1. The unusually high default of 1200 may contribute to skew the average. My own experience is that when I played a new player recently (it was his fisrt game and he showed up with a score of 1200) I got something like 23 points for a victory in 2 moves. The other player only made 2 moves and lost his knight on the 2nd move and then gave up so obviously was a beginner. I don't think I deserved 23 points for that. I think new joiners should get the median rating (50th percentile) or less to avoid gifting points on their first game.

2. @dr_roman_anton says that ches.com percentile scores are too low compared with FIDE and that the initial rating error contributes to this problem. However I am not sure how the initial rating being too high can make the percentiles too low.

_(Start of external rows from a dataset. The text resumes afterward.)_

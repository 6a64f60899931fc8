-- ===== src/ErrorKind.antt =====
-- src/error.rs: what an error is about, and its kinds.
use native.Mathlib.Decide.{ℕ_discrete}
use cognet.Prelude.{ℕ, String, Eq, eq_of_discrete}
use cognet.NodePath.{NodeId}
use cognet.Edge.{EdgeId}
use cognet.Slot.DataType.{DataType}

pub data ErrorTarget : Type 0 where
  node : NodeId → ErrorTarget
  input_port output_port : NodeId → ℕ → ErrorTarget
  edge : EdgeId → ErrorTarget
  graph : ErrorTarget

pub data ErrorKind : Type 0 where
  type_mismatch : DataType → DataType → ErrorKind
  connection_limit_exceeded : ℕ → ErrorKind
  node_not_found slot_not_found cycle_detected : ErrorKind
  execution other : String → ErrorKind

unfoldable pub ErrorTarget-discrete : Discrete ErrorTarget
ErrorTarget-discrete = hlevel (ℕ_discrete)

instance abbrev pub error_target_eq : Eq ErrorTarget
error_target_eq = eq_of_discrete ErrorTarget-discrete
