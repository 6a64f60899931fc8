-- ===== src/Examples.antt =====
-- Tests of the definitions and instances of the theorems: paths and their index, values, nodes,
-- a graph of two nodes, and a subgraph.
mod Paths
mod Ulids
mod Values
mod States
mod Wired
mod Nodes
mod Connections
mod Defaults
mod Sorting
mod Planning
mod Executing
mod Skipping
mod Composites
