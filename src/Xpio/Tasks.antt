-- ===== src/Xpio/Tasks.antt =====
-- luau/xpio_c.c: what the task queues promise. The abstract view knows which task waits where, and which
-- tasks are scheduled; the steps are those of a program that uses the library.
pub mod Changes
pub mod Refines
mod Tests
use flake.Common.{
  ℕ, ◌≡◌, ◌≢◌, Bool, true, false, ◌&&◌, Option, none, some, List, [], ◌∷◌, ◌==◌, if◌then◌else◌, ℤ,
  minus_one, eq_ℤ,
}
use flake.Lua.{ok}
use flake.Lua.Table.{Key, key_eq, TableApi}
use flake.Xpio.Proc.{Procs}
use flake.Xpio.Proc.Chain.{mem}
use flake.Xpio.Queue.{
  Mode, reader, writer, child_waiter, Task, State, put_task, dequeue_task, tqueue, is_empty,
}
use flake.Xpio.Queue.Registry.{mode_eq, registered, IsValid}
use flake.Xpio.Queue.PollSet.{PollFd, Revents}
use flake.Xpio.Queue.PollSet.Watch.{is_some}
use flake.Xpio.Queue.Wait.{Timeout, timeout_of, World, Waited, wait}
use flake.Xpio.Queue.Wait.Held.{Answers}
use flake.Xpio.Queue.Wait.Polled.{Replies, Asks}
use flake.Xpio.Queue.Wait.Reaped.{InOrder, ProcsKnown}
use flake.Xpio.Methods.{when_read, when_write, when_wait}

-- The task that waits on a queue in a mode for a key, if one does.
abbrev pub Waits : Type 0
Waits = (q : ℕ) → Mode → Key → Option ℕ

pub record Abstract : Type 0 where
  pub waits : Waits
  pub scheduled : ℕ → Bool

-- One entry changed.
abbrev pub with_wait : Waits → (q : ℕ) → Mode → Key → Option ℕ → Waits
with_wait waits q mode key v r n j =
    if (r == q) && (mode_eq mode n && key_eq key j) then v else waits r n j

abbrev pub with_scheduled : (ℕ → Bool) → (task : ℕ) → Bool → ℕ → Bool
with_scheduled scheduled task b t = if t == task then b else scheduled t

-- What is done: a queue is made; Lua code writes to a task; a task is scheduled on a queue, by
-- `when_read`, `when_write` or `when_wait`; a task is taken back, by its `_dequeue`; or
-- `xpqueue_wait` for a queue returns an array.
pub data Event : Type 0 where
  opened : (fresh : ℕ) → Event
  written : (task : ℕ) → Event
  scheduled_on : (q task : ℕ) → Mode → Key → Event
  taken_back : (q task : ℕ) → Mode → Key → Event
  returned : (q : ℕ) → (ready : List ℕ) → Event

-- The steps of the abstract view.
pub data Spec : Event → Abstract → Abstract → Type 0 where
  -- nothing that it knows of
  idles : (a : Abstract) (task : ℕ) → Spec (written task) a a
  -- a new queue
  opens :
      (a : Abstract) (fresh : ℕ)
      → Spec
          (opened fresh)
          a
          (record a { waits = λ r n j. if r == fresh then none else a.waits r n j })
  -- a task is scheduled that was not; it takes the place of another one
  schedules :
      (a : Abstract) (q task : ℕ) (mode : Mode) (key : Key)
      → a.scheduled task ≡ false
      → Spec (scheduled_on q task mode key) a (record {
        waits = with_wait a.waits q mode key (some task);
        scheduled = with_scheduled a.scheduled task true;
      })
  -- a task that is scheduled is not any more, and nobody waits in its place
  takes_back :
      (a : Abstract) (q task : ℕ) (mode : Mode) (key : Key)
      → a.scheduled task ≡ true
      → Spec (taken_back q task mode key) a (record {
        waits = with_wait a.waits q mode key none;
        scheduled = with_scheduled a.scheduled task false;
      })
  -- some tasks of a queue wait no longer; they are in the array that is returned, and just the tasks in
  -- it are no longer scheduled
  wakes :
      (a : Abstract) (q : ℕ) (ready : List ℕ) (gone : Mode → Key → Bool)
      → ((mode : Mode) (key : Key) (task : ℕ)
          → gone mode key ≡ true
          → a.waits q mode key ≡ some task
          → mem task ready ≡ true)
      → Spec (returned q ready) a (record {
        waits = λ r n j. if (r == q) && gone n j then none else a.waits r n j;
        scheduled = λ t. if mem t ready then false else a.scheduled t;
      })

-- Descriptors are waited for to read and to write, processes to end.
abbrev pub fits : Mode → Key → Bool
fits reader (Key.fd f) = true
fits reader (Key.proc p) = false
fits writer (Key.fd f) = true
fits writer (Key.proc p) = false
fits child_waiter (Key.fd f) = false
fits child_waiter (Key.proc p) = true

abbrev pub is_scheduled : Option Mode → Bool
is_scheduled none = false
is_scheduled (some mode) = true

module _ (T : TableApi) where
  -- What `xpqueue_wait` relies on: memory is had, process objects are in order and cover the waiters of
  -- the queue, and `poll` answers with `rs`, after any number of interruptions.
  pub record Environment (q fuel : ℕ) (w : World) (ps : Procs) (s : State T) (rs : Replies)
      : Type 0 where
    pub children : ProcsKnown T q s ps
    pub memory : (n : ℕ) → w.malloc n ≡ true
    pub objects : InOrder fuel w ps
    pub answers :
        (fds : List PollFd) (timeout : ℤ)
        → Asks T q w s fds
        → Answers (rs fds timeout) (w.poll fds timeout)

  -- The steps of a program: the functions of the library that succeed, and Lua code that writes the
  -- fields of a task that is not scheduled.
  pub data Step : Event → State T → State T → Type 0 where
    tqueue_step : (s : State T) (fresh : ℕ) → Step (opened fresh) s (tqueue T fresh s)
    sets_task :
        (s : State T) (task : ℕ) (f : Task)
        → (s.tasks task).dequeue ≡ none
        → f.dequeue ≡ none
        → Step (written task) s (put_task T s task f)
    when_read_step :
        (s t : State T) (q : ℕ) (fd : ℤ) (task : ℕ)
        → (s.tasks task).queue ≡ some q
        → when_read T s fd task ≡ ok t
        → Step (scheduled_on q task reader (Key.fd fd)) s t
    when_write_step :
        (s t : State T) (q : ℕ) (fd : ℤ) (task : ℕ)
        → (s.tasks task).queue ≡ some q
        → when_write T s fd task ≡ ok t
        → Step (scheduled_on q task writer (Key.fd fd)) s t
    when_wait_step :
        (s t : State T) (q : ℕ) (process task : ℕ)
        → (s.tasks task).queue ≡ some q
        → when_wait T s process task ≡ ok t
        → Step (scheduled_on q task child_waiter (Key.proc process)) s t
    dequeue_step :
        (s t : State T) (q task : ℕ) (mode : Mode) (key : Key)
        → s.tasks task ≡ record { queue = some q; dequeue = some mode; dequeuedata = some key }
        → dequeue_task T s task mode ≡ ok t
        → Step (taken_back q task mode key) s t
    wait_step :
        (s : State T) (q fuel : ℕ) (w : World) (arg : Timeout) (timeout : ℤ) (pfds : List PollFd)
        (ps : Procs) (rs : Replies) (r : Waited T) (ready : List ℕ)
        → Environment q fuel w ps s rs
        → timeout_of arg ≡ ok timeout
        → (eq_ℤ timeout minus_one && is_empty T s q) ≡ false
        → wait T fuel w q arg pfds ps s ≡ ok r
        → r.ready ≡ some ready
        → Step (returned q ready) s r.state

  -- How a state and the abstract view are related.
  pub record Implements (s : State T) (a : Abstract) : Type 0 where
    pub valid : IsValid T s
    pub waits : (q : ℕ) (mode : Mode) (key : Key) → registered T s q mode key ≡ a.waits q mode key
    pub kinds :
        (q : ℕ) (mode : Mode) (key : Key)
        → is_some (registered T s q mode key) ≡ true
        → fits mode key ≡ true
    pub scheduled : (t : ℕ) → is_scheduled (s.tasks t).dequeue ≡ a.scheduled t

  -- Any number of steps, the last event first.
  pub data Run : List Event → State T → State T → Type 0 where
    ends : (s : State T) → Run [] s s
    then_step :
        (e : Event) (es : List Event) (s t u : State T) → Run es s t → Step e t u → Run (e ∷ es) s u

-- The same, of the abstract view.
pub data SpecRun : List Event → Abstract → Abstract → Type 0 where
  ends : (a : Abstract) → SpecRun [] a a
  then_step :
      (e : Event) (es : List Event) (a b c : Abstract)
      → SpecRun es a b
      → Spec e b c
      → SpecRun (e ∷ es) a c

If chess.com (or FIDE) desires percentiles to be at target levels (e.g. 50th percentile should always be near 1200) then the only real way to achieve this is to apply a normalisation factor to everyone's rating at regular intervals to maintain percentiles at target points levels.

Dr_Roman_Anton

1) ELOs must be comparable in chess - undeniable

2) Chess.com and Online-Chess site ELO rating is 300-900 ELO points to low - undeniable

3) ELO distributions show that up to 1000 ELO points are missing all players

4) Scientific ELO-Tests show that up to 900 ELO points are missing per player

5) The chess puzzle and lesson rating on CHess.com are show that 400 ELO point are missing

6) The 1600 games in chess.com show 2000-level chess play in opening, mid game and ending

7) There is frequently a grandmaster-level game at the ELO of 1600 - with no or only minimal weak moves - this corresponds to a level of 2000 ELO not 1600 ELO

7) It doesnt matter how well you apply or would apply your chess knowledge - if there are not enough ELO points in the system you will always stay in the "15-16-hundred Tower" what the players call the phenomenon that they cannot explain 

 

>>>> BY UNARGUABLE EVIDENCE THE ELO OF EVERY PLAYER IS TOO LOW  <<<<

One feels so historic in this discussion - all chess players will thank it if you make that change.

 

 

This is absolutely clear. Many hundreds of ELO points are missing

Martin_Stahl

Your points are utterly deniable. But believe what you will. The proof you are wrong is in the fact that most players that have OTB ratings do not have a lot higher ratings OTB than they have here. There are some players where that is the case, but it isn't true for everyone, and isn't even close for everyone.